=== Begin Enclosure ===

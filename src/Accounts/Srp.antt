-- ===== src/Accounts/Srp.antt =====
-- internal/srp/srp.go: the password verifiers of the worldserver. SHA-1 and modular exponentiation
-- are the library's; the bytes of the salt come from its random source.
use Prim.Native.Nat.{bit_or, bit_xor}
use azeroth_core_web.Base.{
  ℕ, zero, suc, ◌+◌, ◌*◌, ◌/◌, ◌%◌, ◌&&◌, ◌||◌, not, Bool, true, false, [], ◌∷◌, ◌++◌, String, Text,
  ◌==◌, ltb, leb, if◌then◌else◌, length, to_upper,
}
use mathlib.Core.List.{reverse}
use azeroth_core_web.Db.{Result, ok, err}
use azeroth_core_web.Accounts.{Crypto}

-- 894B645E89E1535BBDAD5B8B290650530801B18EBFBF5E8FAB3C82872A3E9BB7 in base 16
abbrev pub modulus : ℕ
modulus = 62100066509156017342069496140902949863249758336000796928566441170293728648119

-- `big.Int.SetBytes`: the most significant byte first.
unfoldable pub set_bytes : ℕ → Text → ℕ
set_bytes n [] = n
set_bytes n (b ∷ bs) = set_bytes (n * 256 + b) bs

unfoldable pub little_int : Text → ℕ
unfolding set_bytes
little_int b = set_bytes 0 (reverse b)

-- `littleBytes`: the bytes of a number from the least significant on, cut or padded to a size.
unfoldable pub little_bytes : ℕ → ℕ → Text
little_bytes n zero = []
little_bytes n (suc size) = (n % 256) ∷ little_bytes (n / 256) size

-- `calculate`
unfoldable pub calculate : Crypto → Text → Text → Text → Text
calculate lib username password salt =
    let inner = lib.sha1 (username ++ 58 ∷ password) in
    little_bytes (lib.exp_mod 7 (little_int (lib.sha1 (salt ++ inner))) modulus) 32

-- The loop over the bytes, which all are compared; `diff` gathers the bits that differ.
unfoldable pub diff_loop : ℕ → Text → Text → ℕ
diff_loop diff [] verifier = diff
diff_loop diff (g ∷ got) [] = diff
diff_loop diff (g ∷ got) (v ∷ verifier) = diff_loop (bit_or diff (bit_xor g v)) got verifier

unfoldable pub same_bytes : Text → Text → Bool
same_bytes got verifier =
    if length got == length verifier then diff_loop 0 got verifier == 0 else false

-- `Verify`
unfoldable pub verify : Crypto → Text → Text → Text → Text → Bool
verify lib username password salt verifier =
    same_bytes (calculate lib (to_upper username) (to_upper password) salt) verifier

-- `Registration`, from the salt
unfoldable pub registration : Crypto → Text → Text → Text → Text × Text
registration lib username password salt =
    (salt, calculate lib (to_upper username) (to_upper password) salt)

abbrev pub is_alphanumeric : ℕ → Bool
is_alphanumeric c = (leb 65 c && leb c 90) || (leb 97 c && leb c 122) || (leb 48 c && leb c 57)

abbrev pub is_printable : ℕ → Bool
is_printable c = leb 32 c && leb c 126

unfoldable pub all_bytes : (ℕ → Bool) → Text → Bool
all_bytes p [] = true
all_bytes p (c ∷ s) = if p c then all_bytes p s else false

-- `Validate`
unfoldable pub validate : Text → Text → Result String (Unit {0})
validate username password =
    if ltb (length username) 3 || ltb 32 (length username)
    then err "username must be 3–32 characters"
    else (if ltb (length password) 8 || ltb 32 (length password)
        then err "password must be 8–32 characters"
        else (if not (all_bytes is_alphanumeric username)
            then err "username may only contain Latin letters and numbers"
            else (if not (all_bytes is_printable password)
                then err "password must use printable ASCII characters"
                else ok tt)))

=== End Enclosure ===

Using the data above, reproduce exactly the lines between those holding "all_bytes p (c" and "else (if not (all_bytes is_printable", inclusive, and no others.

all_bytes p (c ∷ s) = if p c then all_bytes p s else false

-- `Validate`
unfoldable pub validate : Text → Text → Result String (Unit {0})
validate username password =
    if ltb (length username) 3 || ltb 32 (length username)
    then err "username must be 3–32 characters"
    else (if ltb (length password) 8 || ltb 32 (length password)
        then err "password must be 8–32 characters"
        else (if not (all_bytes is_alphanumeric username)
            then err "username may only contain Latin letters and numbers"
            else (if not (all_bytes is_printable password)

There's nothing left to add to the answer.